Questionado sobre quantos países têm licenciaturas em Medicina Tradicional Chinesa, António Moreira respondeu: "Tal como existe aqui, há provavelmente em mais dois ou três países".
"Mas esse não é o principal problema. As terapias não convencionais foram regulamentadas em Portugal porque as pessoas precisam de separar o trigo do joio e saber com quem podem contar, não confundir uma oferta de curandeiro com uma oferta de alguém que domina um conjunto de procedimentos que vão sendo apurados todos os dias e que foram passando pelo crivo da experiência e do conhecimento", sublinhou.
O representante da Sociedade Portuguesa de Medicina Chinesa lembra ainda que "a humanidade tem quase 10.000 anos e a ciência tem 300", sublinhando: "Há conclusões que a ciência refuta passado algum tempo. A ciência vai mudando".
"O anterior bastonário defendia que isto deveria passar pelo Ensino Superior e passar pelo crivo da ciência. Agora vamos passar pelo crivo da ciência", afirmou.
"Temos formação no ensino superior de um mestrado em medicina tradicional chinesa que existe há 10 anos (...). Não compreendo qual é a preocupação", concluiu António Moreira, considerando que "não faz sentido dizer que a medicina tradicional chinesa não tem base científica".
"Vejam a quantidade de estudos publicados em revistas da especialidade, a quantidade de estudos aleatoriamente controlados para tratamentos da medicina tradicional chinesa e os medicamentos feitos à base da fitoterapia chinesa".
Ministérios garantem estar a cumprir a lei
Os ministros da Saúde e da Ciência, Tecnologia e Ensino Superior, Adalberto Campos e Manuel Heitor, respetivamente, desvalorizaram, no Porto, as acusações da Ordem dos Médicos relativamente à validação científica de práticas tradicionais chinesas.
"Não faz nenhum sentido agitar a ideia de insegurança dos portugueses apenas e só porque o Estado está a cumprir uma lei da Assembleia da República aprovada sem votos contra em 2013 e que tinha sido aprovada por unanimidade em 2003", disse o ministro da Saúde.
Adalberto Campos Fernandes afirmou que "o que se está a fazer é enquadrar aquilo que não estava enquadrado e pôr-se dentro do sistema aquilo que estava fora do sistema.
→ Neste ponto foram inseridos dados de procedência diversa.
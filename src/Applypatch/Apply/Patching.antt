-- ===== src/Applypatch/Apply/Patching.antt =====
-- One pass of the loop of applypatch(), while the file that is patched keeps its contents.
use midnight_i9000_recovery.Applypatch.{ok, FileContents, is_partition}
use midnight_i9000_recovery.Applypatch.Disk.{FileSystem, Format, World, perform}
use midnight_i9000_recovery.Applypatch.Apply.{
  Job, Chosen, Output, in_memory, in_file, Patched, target_filename, patch_file, format_of, is_blob,
  chosen_patch, source_to_use, sink_pieces, open_output, opened, decode_to, patch_once,
}
use midnight_i9000_recovery.Applypatch.Rules.{
  Safe, Post, Post-map, return-Post, fail-Post, bind-Post,
}
use midnight_i9000_recovery.Applypatch.Laws.{IsFileSystem, HasDigest}
use midnight_i9000_recovery.Applypatch.Saving.{open_trunc-Post}
use midnight_i9000_recovery.Common.{
  ℕ, ◌≡◌, ◌≢◌, refl, inl, inr, Bool, true, false, [], Option, none, some, if◌then◌else◌,
}
use midnight_i9000_recovery.Common.Run.{Returns}
use midnight_i9000_recovery.Common.Prog.{Prog, fail, ◌>>=◌}
use midnight_i9000_recovery.Common.Text.{Bytes}
use midnight_i9000_recovery.Edify.Value.{Value}
use midnight_i9000_recovery.Applypatch.Apply.Sinking.{
  OutputHolds, Omits, Fits, Made, PatchedTo, sink_pieces-Made,
}

module _ {S : Type 0} (fs : FileSystem S) (lawful : IsFileSystem fs) (R : S → Type 0)
    (other digest : Bytes) (safe_of : (s : S) → HasDigest fs other digest s → R s) (job : Job)
    (apart : patch_file (target_filename job) ≢ other) where
  abbrev Empty : Output → S → Type 0
  Empty output s = HasDigest fs other digest s × OutputHolds fs lawful job [] output s

  opened-Empty :
      (fd : Option ℕ) (w : World S)
      → is_partition (target_filename job) ≡ false
      → HasDigest fs other digest w.now
        × ((n : ℕ) → fd ≡ some n → lawful.Opened n (patch_file (target_filename job)) [] w.now)
      → Safe R w
      → Returns (opened fs job fd w) (Post R Empty)
  opened-Empty none w a_file h safe = fail-Post R Empty w safe
  opened-Empty (some fd) w a_file (has, now) safe =
      return-Post R Empty (in_file fd) w (has, (a_file, now fd refl)) safe

  open_output-Empty :
      (w : World S)
      → Safe R w
      → HasDigest fs other digest w.now
      → Returns (open_output fs job w) (Post R Empty)
  open_output-Empty w safe has =
      of_tests (is_partition (target_filename job)) refl (fs.malloc w.now job.target_size)
    where
      of_tests :
          (partition : Bool)
          → is_partition (target_filename job) ≡ partition
          → (room : Bool)
          → Returns
              (if partition
                then (if room
                    then ok (some (in_memory (record { buffer = []; size = job.target_size })), w)
                    else ok (none, w))
                else (perform (fs.open_trunc (patch_file (target_filename job))) >>= opened fs job)
                    w)
              (Post R Empty)
      of_tests true e true =
          return-Post R Empty (in_memory (record { buffer = []; size = job.target_size })) w
            (has, (e, refl)) safe
      of_tests true e false = fail-Post R Empty w safe
      of_tests false e room =
          bind-Post R
            (λ r s.
              HasDigest fs other digest s
              × ((fd : ℕ) → r ≡ some fd → lawful.Opened fd (patch_file (target_filename job)) [] s))
            Empty (perform (fs.open_trunc (patch_file (target_filename job)))) (opened fs job) w
            (open_trunc-Post fs lawful R other digest safe_of (patch_file (target_filename job)) w
              apart safe has)
            (λ fd w' h. opened-Empty fd w' e h)

  decode_to-PatchedTo :
      (file : FileContents) (patch : Value) (output : Output) (format : Option Format) (w : World S)
      → Empty output w.now
      → Fits fs job file patch
      → format_of patch ≡ format
      → Safe R w
      → Returns
          (decode_to fs job file patch output format w)
          (Post R (PatchedTo fs lawful R other digest safe_of job apart))
  decode_to-PatchedTo file patch output none w h fits of_patch safe =
      fail-Post R (PatchedTo fs lawful R other digest safe_of job apart) w safe
  decode_to-PatchedTo file patch output (some format) w (has, holds) fits of_patch safe =
      let decoded = fs.decode format file.content patch.contents in
      Post-map R (Made fs lawful R other digest safe_of job apart (Omits [] decoded.0))
        (PatchedTo fs lawful R other digest safe_of job apart)
        (sink_pieces fs decoded.0 decoded.1 [] output w)
        (λ patched s h. (
          h.0,
          λ e. elim (h.1 e) [
            | inl a ↦ inl a
            | inr b ↦ inr (file, patch, format, fits, of_patch, b)
          ],
        ))
        (sink_pieces-Made fs lawful R other digest safe_of job apart decoded.0 decoded.1 [] output w
          safe has holds)

  pub patch_once-PatchedTo :
      (c : Chosen) (w : World S)
      → Fits fs job (source_to_use c) (chosen_patch c)
      → Safe R w
      → HasDigest fs other digest w.now
      → Returns
          (patch_once fs job c w)
          (Post R (PatchedTo fs lawful R other digest safe_of job apart))
  patch_once-PatchedTo c w fits safe has = of_test (is_blob (chosen_patch c).kind)
    where
      decode : Output → Prog (World S) Patched
      decode output =
          decode_to fs job (source_to_use c) (chosen_patch c) output (format_of (chosen_patch c))

      of_test :
          (b : Bool)
          → Returns
              ((if b then (open_output fs job >>= decode) else fail) w)
              (Post R (PatchedTo fs lawful R other digest safe_of job apart))
      of_test true =
          bind-Post R Empty (PatchedTo fs lawful R other digest safe_of job apart)
            (open_output fs job) decode w (open_output-Empty w safe has)
            (λ output w' h safe'.
              decode_to-PatchedTo (source_to_use c) (chosen_patch c) output
                (format_of (chosen_patch c)) w' h fits refl safe')
      of_test false = fail-Post R (PatchedTo fs lawful R other digest safe_of job apart) w safe
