-- ===== src/Applypatch/Apply/Looping.antt =====
-- The loop of applypatch(): where the file that is patched can be found while it runs.
use midnight_i9000_recovery.Applypatch.{some, ok, FileContents, is_partition, cache_temp_source}
use midnight_i9000_recovery.Applypatch.Disk.{FileSystem, World, perform, demand, save_file_contents}
use midnight_i9000_recovery.Applypatch.Apply.{
  Job, Chosen, original, cached, target_filename, patch_file, back_up, back_up_source, make_room,
  enough_space, prepare,
}
use midnight_i9000_recovery.Applypatch.Rules.{
  Safe, Post, Post-map, perform-Post, return-Post, fail-Post, bind-Post, demand-Post,
}
use midnight_i9000_recovery.Applypatch.Laws.{IsFileSystem, HasDigest}
use midnight_i9000_recovery.Applypatch.Saving.{Kept-R, save_file_contents-Post}
use midnight_i9000_recovery.Common.{
  ℕ, ◌≡◌, ◌≢◌, refl, sym, ◌⊎◌, inl, inr, Bool, true, false, length, if◌then◌else◌,
}
use midnight_i9000_recovery.Common.Run.{Returns}
use midnight_i9000_recovery.Common.Prog.{return, fail, ◌>>=◌, ◌>>◌}
use midnight_i9000_recovery.Common.Text.{Bytes}
use mathlib.Core.Path.{subst}

-- The name of what is patched.
abbrev pub start_name : Job → Chosen → Bytes
start_name job (original file patch) = job.source_filename
start_name job (cached source copy patch) = cache_temp_source

-- A partition is patched from the source, whose contents have this digest.
abbrev pub Usable : {S : Type 0} → FileSystem S → Job → Bytes → Chosen → Type 0
Usable fs job digest (original file patch) = fs.sha file.content ≡ digest
Usable fs job digest (cached source copy patch) = is_partition (target_filename job) ≡ false

-- The names of a job are those of different files, and MakeFreeSpaceOnCache spares the source.
pub record Apart {S : Type 0} (fs : FileSystem S) (lawful : IsFileSystem fs) (job : Job)
    : Type 0 where
  pub source_cache : job.source_filename ≢ cache_temp_source
  pub target_cache : target_filename job ≢ cache_temp_source
  pub patch_source : patch_file (target_filename job) ≢ job.source_filename
  pub patch_cache : patch_file (target_filename job) ≢ cache_temp_source
  pub source_spared : lawful.Spared job.source_filename

module _ {S : Type 0} (fs : FileSystem S) (lawful : IsFileSystem fs) (R : S → Type 0) (job : Job)
    (apart : Apart fs lawful job) (digest : Bytes)
    (of_source : (s : S) → HasDigest fs job.source_filename digest s → R s)
    (of_cache : (s : S) → HasDigest fs cache_temp_source digest s → R s) where
  -- The copy in the cache is what is patched.
  abbrev pub Copied : S → Type 0
  Copied s = HasDigest fs cache_temp_source digest s

  back_up-Post :
      (file : FileContents) (w : World S)
      → fs.sha file.content ≡ digest
      → Safe R w
      → HasDigest fs job.source_filename digest w.now
      → Returns (back_up fs file w) (Post R (λ _. Copied))
  back_up-Post file w same safe has =
      let kept =
        lawful.space_keeps (length file.content) job.source_filename digest w.now
          apart.source_spared has in
      bind-Post R (λ _ s. HasDigest fs job.source_filename digest s) (λ _. Copied)
        (demand (fs.make_free_space_on_cache (length file.content)))
        (λ _. save_file_contents fs cache_temp_source file) w
        (demand-Post R (HasDigest fs job.source_filename digest)
          (fs.make_free_space_on_cache (length file.content)) w safe
          (Kept-R fs lawful R job.source_filename digest of_source
            (fs.make_free_space_on_cache (length file.content) w.now) kept)
          (λ _. kept.1))
        (λ _ w' has' safe'.
          Post-map R (λ _ s. HasDigest fs cache_temp_source (fs.sha file.content) s) (λ _. Copied)
            (save_file_contents fs cache_temp_source file w')
            (λ _ s h. subst (λ z. HasDigest fs cache_temp_source z s) same h)
            (save_file_contents-Post fs lawful R job.source_filename digest of_source
              cache_temp_source file (λ e. apart.source_cache (sym e)) w' refl safe' has'))

  -- Where the file is after the first part of the loop: in the cache, or, unless the target is a
  -- partition, still under its own name.
  abbrev pub Ready : Chosen → ℕ × Bool → S → Type 0
  Ready c p s =
      (HasDigest fs cache_temp_source digest s
        × ((p.0 ≡ 0) ⊎ (start_name job c ≡ cache_temp_source)))
      ⊎ (HasDigest fs job.source_filename digest s
          × (is_partition (target_filename job) ≡ false)
          × (start_name job c ≡ job.source_filename))

  return_made :
      (c : Chosen) (made : Bool) (w : World S)
      → HasDigest fs cache_temp_source digest w.now
      → Safe R w
      → Returns (return (0, made) w) (Post R (Ready c))
  return_made c made w has safe = return-Post R (Ready c) (0, made) w (inl (has, inl refl)) safe

  make_room-Post :
      (c : Chosen) (made : Bool) (w : World S)
      → Usable fs job digest c
      → Safe R w
      → HasDigest fs (start_name job c) digest w.now
      → Returns (make_room fs job made c w) (Post R (λ _. Copied))
  make_room-Post (cached source copy patch) made w usable safe has =
      return-Post R (λ _. Copied) made w has safe
  make_room-Post (original file patch) made w usable safe has =
      of_test (is_partition job.source_filename)
    where
      unlinked :
          (w' : World S)
          → HasDigest fs cache_temp_source digest w'.now
          → Safe R w'
          → Returns
              ((perform (fs.unlink job.source_filename) >>= λ gone. return true) w')
              (Post R (λ _. Copied))
      unlinked w' has' safe' =
          let kept =
            lawful.unlink_keeps job.source_filename cache_temp_source digest w'.now
              apart.source_cache has' in
          bind-Post R (λ _. Copied) (λ _. Copied) (perform (fs.unlink job.source_filename))
            (λ gone. return true) w'
            (perform-Post R (λ _. Copied) (fs.unlink job.source_filename) w' safe'
              (Kept-R fs lawful R cache_temp_source digest of_cache
                (fs.unlink job.source_filename w'.now) kept)
              kept.1)
            (λ gone w'' has'' safe''. return-Post R (λ _. Copied) true w'' has'' safe'')

      of_test :
          (b : Bool)
          → Returns
              ((if b
                  then fail
                  else (back_up fs file
                      >> (perform (fs.unlink job.source_filename) >>= λ gone. return true)))
                w)
              (Post R (λ _. Copied))
      of_test true = fail-Post R (λ _. Copied) w safe
      of_test false =
          bind-Post R (λ _. Copied) (λ _. Copied) (back_up fs file)
            (λ _. perform (fs.unlink job.source_filename) >>= λ gone. return true) w
            (back_up-Post file w usable safe has) (λ _. unlinked)

  back_up_source-Post :
      (c : Chosen) (w : World S)
      → is_partition (target_filename job) ≡ true
      → Usable fs job digest c
      → Safe R w
      → HasDigest fs (start_name job c) digest w.now
      → Returns (back_up_source fs c w) (Post R (λ _. Copied))
  back_up_source-Post (original file patch) w partition usable safe has =
      back_up-Post file w usable safe has
  back_up_source-Post (cached source copy patch) w partition usable safe has = absurd (cc)

  unprepared :
      (c : Chosen) (p : ℕ × Bool) (s : S)
      → is_partition (target_filename job) ≡ false
      → HasDigest fs (start_name job c) digest s
      → Ready c p s
  unprepared (original file patch) p s a_file has = inr (has, a_file, refl)
  unprepared (cached source copy patch) p s a_file has = inl (has, inr refl)

  pub prepare-Ready :
      (retry : ℕ) (made : Bool) (c : Chosen) (w : World S)
      → Usable fs job digest c
      → Safe R w
      → HasDigest fs (start_name job c) digest w.now
      → Returns (prepare fs job retry made c w) (Post R (Ready c))
  prepare-Ready retry made c w usable safe has =
      of_tests (is_partition (target_filename job)) refl (enough_space fs job w.now retry)
    where
      of_tests :
          (partition : Bool)
          → is_partition (target_filename job) ≡ partition
          → (enough : Bool)
          → Returns
              (if partition
                then (back_up_source fs c >> return (0, true)) w
                else if enough
                then ok (some (retry, made), w)
                else (make_room fs job made c >>= λ made'. return (0, made')) w)
              (Post R (Ready c))
      of_tests true e enough =
          bind-Post R (λ _. Copied) (Ready c) (back_up_source fs c) (λ _. return (0, true)) w
            (back_up_source-Post c w e usable safe has)
            (λ _ w' has' safe'. return_made c true w' has' safe')
      of_tests false e true =
          return-Post R (Ready c) (retry, made) w (unprepared c (retry, made) w.now e has) safe
      of_tests false e false =
          bind-Post R (λ _. Copied) (Ready c) (make_room fs job made c) (λ made'. return (0, made'))
            w (make_room-Post c made w usable safe has)
            (λ made' w' has' safe'. return_made c made' w' has' safe')
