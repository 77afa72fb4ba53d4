-- ===== src/Applypatch/Apply/Attempt.antt =====
-- The passes of the loop of applypatch(), put together.
use midnight_i9000_recovery.Applypatch.{is_partition, cache_temp_source}
use midnight_i9000_recovery.Applypatch.Disk.{FileSystem, World, perform}
use midnight_i9000_recovery.Applypatch.Apply.{
  Job, Chosen, Output, in_memory, in_file, Patched, target_filename, patch_file, prepare,
  patch_once, unlink_output, attempt, source_to_use, chosen_patch,
}
use midnight_i9000_recovery.Applypatch.Rules.{
  Safe, Post, Post-map, perform-Post, return-Post, fail-Post, bind-Post,
}
use midnight_i9000_recovery.Applypatch.Laws.{IsFileSystem, HasDigest}
use midnight_i9000_recovery.Applypatch.Saving.{Kept-R}
use midnight_i9000_recovery.Applypatch.Apply.Patching.{patch_once-PatchedTo}
use midnight_i9000_recovery.Applypatch.Apply.Sinking.{Fits, Outcome, PatchedTo}
use midnight_i9000_recovery.Applypatch.Apply.Looping.{
  start_name, Usable, Apart, Ready, prepare-Ready,
}
use midnight_i9000_recovery.Common.{
  ℕ, zero, suc, ◌==◌, ◌≡◌, ◌≢◌, refl, sym, ◌⊎◌, inl, inr, Bool, true, false, arith, if◌then◌else◌,
}
use midnight_i9000_recovery.Common.Run.{Returns}
use midnight_i9000_recovery.Common.Prog.{Prog, return, fail, ◌>>=◌, ◌>>◌}
use midnight_i9000_recovery.Common.Text.{Bytes}
use mathlib.Core.Path.{subst}

module _ {S : Type 0} (fs : FileSystem S) (lawful : IsFileSystem fs) (R : S → Type 0) (job : Job)
    (apart : Apart fs lawful job) (digest : Bytes)
    (of_source : (s : S) → HasDigest fs job.source_filename digest s → R s)
    (of_cache : (s : S) → HasDigest fs cache_temp_source digest s → R s) where
  -- Where the patched file is kept until the target stands.
  abbrev pub Held : S → Type 0
  Held s =
      HasDigest fs cache_temp_source digest s
      ⊎ (HasDigest fs job.source_filename digest s × (is_partition (target_filename job) ≡ false))

  -- After the loop: the output is what went into the digest, or a piece is missing from that.
  abbrev pub Looped : Patched × Bool → S → Type 0
  Looped r s = Held s × Outcome fs lawful job r.0.digested r.0.output s

  module _ (c : Chosen) (fits : Fits fs job (source_to_use c) (chosen_patch c)) where
    abbrev After : ℕ × Bool → Patched → S → Type 0
    After p patched s =
        Ready fs lawful R job apart digest of_source of_cache c p s
        × (patched.done ≡ true → Outcome fs lawful job patched.digested patched.output s)

    patch_once-After :
        (p : ℕ × Bool) (w : World S)
        → Ready fs lawful R job apart digest of_source of_cache c p w.now
        → Safe R w
        → Returns (patch_once fs job c w) (Post R (After p))
    patch_once-After p w (inl (has, why)) safe =
        Post-map R (PatchedTo fs lawful R cache_temp_source digest of_cache job apart.patch_cache)
          (After p) (patch_once fs job c w) (λ patched s h. (inl (h.0, why), h.1))
          (patch_once-PatchedTo fs lawful R cache_temp_source digest of_cache job apart.patch_cache
            c w fits safe has)
    patch_once-After p w (inr (has, a_file, why)) safe =
        Post-map R
          (PatchedTo fs lawful R job.source_filename digest of_source job apart.patch_source)
          (After p) (patch_once fs job c w) (λ patched s h. (inr (h.0, a_file, why), h.1))
          (patch_once-PatchedTo fs lawful R job.source_filename digest of_source job
            apart.patch_source c w fits safe has)

    held :
        (p : ℕ × Bool) (s : S)
        → Ready fs lawful R job apart digest of_source of_cache c p s
        → Held s
    held p s (inl (has, why)) = inl has
    held p s (inr (has, a_file, why)) = inr (has, a_file)

    -- A pass that is done ends the loop; another goes on with `next`.
    done_or-Looped :
        (p : ℕ × Bool) (patched : Patched) (next : Prog (World S) (Patched × Bool)) (w : World S)
        → After p patched w.now
        → Safe R w
        → Returns (next w) (Post R Looped)
        → Returns ((if patched.done then return (patched, p.1) else next) w) (Post R Looped)
    done_or-Looped p patched next w (ready, holds) safe other = of_test patched.done refl
      where
        of_test :
            (b : Bool)
            → patched.done ≡ b
            → Returns ((if b then return (patched, p.1) else next) w) (Post R Looped)
        of_test true e = return-Post R Looped (patched, p.1) w (held p w.now ready, holds e) safe
        of_test false e = other

    started :
        (p : ℕ × Bool) (s : S)
        → p.0 ≢ 0
        → Ready fs lawful R job apart digest of_source of_cache c p s
        → (HasDigest fs cache_temp_source digest s × (start_name job c ≡ cache_temp_source))
          ⊎ (HasDigest fs job.source_filename digest s × (start_name job c ≡ job.source_filename))
    started p s more (inl (has, inl e)) = absurd (more e)
    started p s more (inl (has, inr e)) = inl (has, e)
    started p s more (inr (has, a_file, e)) = inr (has, e)

    -- Before the loop goes on.
    unlink_output-Post :
        (output : Output) (p : ℕ × Bool) (w : World S)
        → p.0 ≢ 0
        → Ready fs lawful R job apart digest of_source of_cache c p w.now
        → Safe R w
        → Returns
            (unlink_output fs job output w)
            (Post R (λ _ s. HasDigest fs (start_name job c) digest s))
    unlink_output-Post output p w more ready safe = elim (started p w.now more ready) [
      | inl (has, e) ↦ spared output cache_temp_source e apart.patch_cache of_cache has
      | inr (has, e) ↦ spared output job.source_filename e apart.patch_source of_source has
    ]
      where
        spared :
            (output : Output) (name : Bytes)
            → start_name job c ≡ name
            → patch_file (target_filename job) ≢ name
            → ((s : S) → HasDigest fs name digest s → R s)
            → HasDigest fs name digest w.now
            → Returns
                (unlink_output fs job output w)
                (Post R (λ _ s. HasDigest fs (start_name job c) digest s))
        spared (in_memory msi) name e other of_name has =
            return-Post R (λ _ s. HasDigest fs (start_name job c) digest s) tt w
              (subst (λ z. HasDigest fs z digest w.now) (sym e) has) safe
        spared (in_file fd) name e other of_name has =
            let kept =
              lawful.unlink_keeps (patch_file (target_filename job)) name digest w.now other has in
            bind-Post R (λ _ s. HasDigest fs name digest s)
              (λ _ s. HasDigest fs (start_name job c) digest s)
              (perform (fs.unlink (patch_file (target_filename job)))) (λ gone. return tt) w
              (perform-Post R (λ _ s. HasDigest fs name digest s)
                (fs.unlink (patch_file (target_filename job))) w safe
                (Kept-R fs lawful R name digest of_name
                  (fs.unlink (patch_file (target_filename job)) w.now) kept)
                kept.1)
              (λ gone w' has' safe'.
                return-Post R (λ _ s. HasDigest fs (start_name job c) digest s) tt w'
                  (subst (λ z. HasDigest fs z digest w'.now) (sym e) has') safe')

    -- The other pass, unless there is none.
    retry-Looped :
        (p : ℕ × Bool) (patched : Patched) (again : Prog (World S) (Patched × Bool)) (w : World S)
        → ((w' : World S)
            → HasDigest fs (start_name job c) digest w'.now
            → Safe R w'
            → Returns (again w') (Post R Looped))
        → Ready fs lawful R job apart digest of_source of_cache c p w.now
        → Safe R w
        → Returns
            ((if p.0 == 0 then fail else (unlink_output fs job patched.output >> again)) w)
            (Post R Looped)
    retry-Looped (zero, made) patched again w ih ready safe = fail-Post R Looped w safe
    retry-Looped (suc n, made) patched again w ih ready safe =
        let e : (suc n == 0) ≡ false = ground arith in
        rw e (
          bind-Post R (λ _ s. HasDigest fs (start_name job c) digest s) Looped
            (unlink_output fs job patched.output) (λ _. again) w
            (unlink_output-Post patched.output (suc n, made) w (λ e. absurd (omega arith)) ready
              safe)
            (λ _. ih))

    pub attempt-Looped :
        (retry : ℕ) (made : Bool) (w : World S)
        → Usable fs job digest c
        → Safe R w
        → HasDigest fs (start_name job c) digest w.now
        → Returns (attempt fs job retry made c w) (Post R Looped)
    unfolding attempt
    attempt-Looped zero made w usable safe has =
        bind-Post R (Ready fs lawful R job apart digest of_source of_cache c) Looped
          (prepare fs job zero made c)
          (λ p.
            patch_once fs job c >>= λ patched. if patched.done then return (patched, p.1) else fail)
          w
          (prepare-Ready fs lawful R job apart digest of_source of_cache zero made c w usable safe
            has)
          (λ p w' ready safe'.
            bind-Post R (After p) Looped (patch_once fs job c)
              (λ patched. if patched.done then return (patched, p.1) else fail) w'
              (patch_once-After p w' ready safe')
              (λ patched w'' after safe''.
                done_or-Looped p patched fail w'' after safe'' (fail-Post R Looped w'' safe'')))
    attempt-Looped (suc n) made w usable safe has =
        bind-Post R (Ready fs lawful R job apart digest of_source of_cache c) Looped
          (prepare fs job (suc n) made c)
          (λ p. patch_once fs job c >>= λ patched.
            if patched.done
            then return (patched, p.1)
            else if p.0 == 0
            then fail
            else (unlink_output fs job patched.output >> attempt fs job n p.1 c))
          w
          (prepare-Ready fs lawful R job apart digest of_source of_cache (suc n) made c w usable
            safe has)
          (λ p w' ready safe'.
            bind-Post R (After p) Looped (patch_once fs job c)
              (λ patched.
                if patched.done
                then return (patched, p.1)
                else if p.0 == 0
                then fail
                else (unlink_output fs job patched.output >> attempt fs job n p.1 c))
              w' (patch_once-After p w' ready safe')
              (λ patched w'' after safe''.
                done_or-Looped p patched
                  (if p.0 == 0
                    then fail
                    else (unlink_output fs job patched.output >> attempt fs job n p.1 c))
                  w'' after safe''
                  (retry-Looped p patched (attempt fs job n p.1 c) w''
                    (λ w3 has3 safe3. attempt-Looped n p.1 w3 usable safe3 has3) after.0 safe'')))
Se isso não é zelar pela qualidade e pela segurança das pessoas, então o que será?".
Também o ministro da Ciência, Tecnologia e Ensino Superior quis "deixar bem claro que o Governo em Portugal não cria cursos".
"Já passámos há muitos anos essa fase. Nós podemos orgulhar-nos de ter uma agência de acreditação e de avaliação que segue as melhores práticas internacionais e um dos aspetos que obviamente hoje certifica - e que, mais uma vez, estamos a reforçar - é a capacidade científica de qualquer instituição de ensino superior antes de poder dar um curso", referiu Manuel Heitor.
Manuel Heitor sublinhou que "qualquer curso que apareça tem de seguir as normas internacionais que são devidamente avaliadas e só depois acreditadas pela agência de acreditação. Não pode haver cursos de ensino superior em Portugal ministrados sem serem acreditados. É ilegal".
"E, por isso, todos os cursos terão de ser avaliados e acreditados pela agência, o que fizemos foi meramente seguir a orientação da agência após o parecer da Organização Mundial de Saúde, exatamente como todos os outros países europeus estão a fazer", frisou.
Segundo o ministro do Ensino Superior, "não há nenhuma exceção, o Governo não cria cursos e, nesta área, a regulação em Portugal está verdadeiramente na frente daquilo que melhor se faz na Europa, a agência de acreditação e de avaliação tem sido reconhecida como uma das melhores práticas europeias nesta área".
"Por isso, podemos hoje estar descansados que os portugueses têm um bom ensino superior, um ensino superior que é devidamente acreditado e avaliado segundo as melhores práticas. Cada vez mais podemos dar confiança a Portugal, aos portugueses e aos europeus que estudar em Portugal vale a pena porque o ensino superior português é bom", acrescentou.